Collected data:
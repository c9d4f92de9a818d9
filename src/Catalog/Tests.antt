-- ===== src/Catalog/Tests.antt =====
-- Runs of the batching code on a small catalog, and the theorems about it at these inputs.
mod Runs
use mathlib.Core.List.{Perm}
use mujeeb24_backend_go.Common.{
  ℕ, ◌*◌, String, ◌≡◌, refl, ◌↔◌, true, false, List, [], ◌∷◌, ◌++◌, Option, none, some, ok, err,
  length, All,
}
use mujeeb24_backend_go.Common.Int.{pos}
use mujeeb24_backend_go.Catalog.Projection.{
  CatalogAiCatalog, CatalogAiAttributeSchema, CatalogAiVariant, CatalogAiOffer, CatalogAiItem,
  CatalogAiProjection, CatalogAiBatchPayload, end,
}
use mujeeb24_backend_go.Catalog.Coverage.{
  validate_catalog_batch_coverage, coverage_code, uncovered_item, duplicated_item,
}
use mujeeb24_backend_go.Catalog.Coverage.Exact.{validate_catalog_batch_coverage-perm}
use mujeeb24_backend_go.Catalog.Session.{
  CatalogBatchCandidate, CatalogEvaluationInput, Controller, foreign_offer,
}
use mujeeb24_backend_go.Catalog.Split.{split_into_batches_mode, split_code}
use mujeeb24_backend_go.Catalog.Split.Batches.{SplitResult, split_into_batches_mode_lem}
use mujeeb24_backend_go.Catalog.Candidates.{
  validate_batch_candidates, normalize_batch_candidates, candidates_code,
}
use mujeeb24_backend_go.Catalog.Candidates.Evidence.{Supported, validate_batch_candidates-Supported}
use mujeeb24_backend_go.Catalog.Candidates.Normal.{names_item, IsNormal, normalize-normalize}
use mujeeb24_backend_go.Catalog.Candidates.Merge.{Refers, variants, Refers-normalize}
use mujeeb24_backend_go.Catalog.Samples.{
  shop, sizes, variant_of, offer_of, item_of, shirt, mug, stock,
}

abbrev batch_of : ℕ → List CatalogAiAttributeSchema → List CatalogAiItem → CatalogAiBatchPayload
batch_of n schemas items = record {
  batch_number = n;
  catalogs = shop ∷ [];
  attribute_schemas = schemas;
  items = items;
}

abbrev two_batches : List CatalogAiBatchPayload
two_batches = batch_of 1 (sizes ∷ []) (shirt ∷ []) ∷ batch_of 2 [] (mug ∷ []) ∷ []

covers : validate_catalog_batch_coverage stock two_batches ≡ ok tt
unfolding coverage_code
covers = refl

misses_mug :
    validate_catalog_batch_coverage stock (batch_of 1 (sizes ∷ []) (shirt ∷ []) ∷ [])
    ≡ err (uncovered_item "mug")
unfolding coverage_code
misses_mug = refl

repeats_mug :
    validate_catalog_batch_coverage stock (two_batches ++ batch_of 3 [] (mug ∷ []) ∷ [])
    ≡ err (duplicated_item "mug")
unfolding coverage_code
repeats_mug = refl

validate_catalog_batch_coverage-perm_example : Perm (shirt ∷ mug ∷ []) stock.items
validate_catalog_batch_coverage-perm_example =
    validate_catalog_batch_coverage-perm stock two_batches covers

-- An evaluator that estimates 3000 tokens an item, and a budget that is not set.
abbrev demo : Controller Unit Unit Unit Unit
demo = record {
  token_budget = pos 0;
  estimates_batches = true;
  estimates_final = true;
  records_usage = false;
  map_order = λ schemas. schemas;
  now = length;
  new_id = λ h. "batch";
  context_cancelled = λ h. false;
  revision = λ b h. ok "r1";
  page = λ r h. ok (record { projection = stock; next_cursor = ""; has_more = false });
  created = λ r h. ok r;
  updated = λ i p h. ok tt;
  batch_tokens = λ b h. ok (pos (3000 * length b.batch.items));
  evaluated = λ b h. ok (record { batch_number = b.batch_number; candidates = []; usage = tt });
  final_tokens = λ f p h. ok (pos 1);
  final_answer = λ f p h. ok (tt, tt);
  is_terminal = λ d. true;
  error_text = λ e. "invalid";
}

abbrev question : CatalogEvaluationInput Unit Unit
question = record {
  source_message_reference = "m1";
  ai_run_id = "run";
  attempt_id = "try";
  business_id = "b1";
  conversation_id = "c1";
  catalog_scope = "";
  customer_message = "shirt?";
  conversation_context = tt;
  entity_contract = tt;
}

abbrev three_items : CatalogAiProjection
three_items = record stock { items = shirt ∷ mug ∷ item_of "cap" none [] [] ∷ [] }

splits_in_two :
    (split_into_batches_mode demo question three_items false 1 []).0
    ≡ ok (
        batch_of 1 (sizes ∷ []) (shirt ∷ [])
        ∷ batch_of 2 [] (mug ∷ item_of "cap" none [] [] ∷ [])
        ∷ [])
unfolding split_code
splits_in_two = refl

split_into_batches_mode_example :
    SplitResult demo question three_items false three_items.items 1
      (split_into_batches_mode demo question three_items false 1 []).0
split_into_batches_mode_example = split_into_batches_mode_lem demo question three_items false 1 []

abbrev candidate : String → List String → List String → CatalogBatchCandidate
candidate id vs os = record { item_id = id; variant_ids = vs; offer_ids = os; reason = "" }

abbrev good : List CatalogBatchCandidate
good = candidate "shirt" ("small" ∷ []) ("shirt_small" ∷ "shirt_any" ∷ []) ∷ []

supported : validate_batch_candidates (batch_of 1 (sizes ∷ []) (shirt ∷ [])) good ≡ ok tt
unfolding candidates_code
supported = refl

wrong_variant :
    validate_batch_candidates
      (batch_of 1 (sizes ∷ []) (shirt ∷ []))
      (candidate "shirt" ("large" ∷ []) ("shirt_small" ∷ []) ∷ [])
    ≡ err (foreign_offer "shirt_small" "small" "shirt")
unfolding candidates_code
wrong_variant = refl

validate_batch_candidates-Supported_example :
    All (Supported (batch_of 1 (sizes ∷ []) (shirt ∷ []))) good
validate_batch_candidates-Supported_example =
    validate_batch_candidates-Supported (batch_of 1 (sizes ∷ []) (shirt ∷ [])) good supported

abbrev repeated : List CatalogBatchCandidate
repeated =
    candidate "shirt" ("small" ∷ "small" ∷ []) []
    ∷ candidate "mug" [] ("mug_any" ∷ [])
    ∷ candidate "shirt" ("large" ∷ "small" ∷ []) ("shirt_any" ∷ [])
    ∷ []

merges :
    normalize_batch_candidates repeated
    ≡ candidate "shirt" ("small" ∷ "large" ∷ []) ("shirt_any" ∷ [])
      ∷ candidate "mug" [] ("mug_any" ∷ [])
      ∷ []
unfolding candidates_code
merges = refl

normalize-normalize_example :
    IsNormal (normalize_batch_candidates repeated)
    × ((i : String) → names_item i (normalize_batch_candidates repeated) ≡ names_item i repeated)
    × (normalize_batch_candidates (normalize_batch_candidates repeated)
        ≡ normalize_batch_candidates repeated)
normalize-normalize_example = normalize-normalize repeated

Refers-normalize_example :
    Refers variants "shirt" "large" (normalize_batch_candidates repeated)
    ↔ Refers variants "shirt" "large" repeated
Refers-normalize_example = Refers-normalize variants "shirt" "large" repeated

What the task asks:
Go line by line through the records above and copy each one containing "String".

Answer to the problem:
  ℕ, ◌*◌, String, ◌≡◌, refl, ◌↔◌, true, false, List, [], ◌∷◌, ◌++◌, Option, none, some, ok, err,
abbrev candidate : String → List String → List String → CatalogBatchCandidate
    × ((i : String) → names_item i (normalize_batch_candidates repeated) ≡ names_item i repeated)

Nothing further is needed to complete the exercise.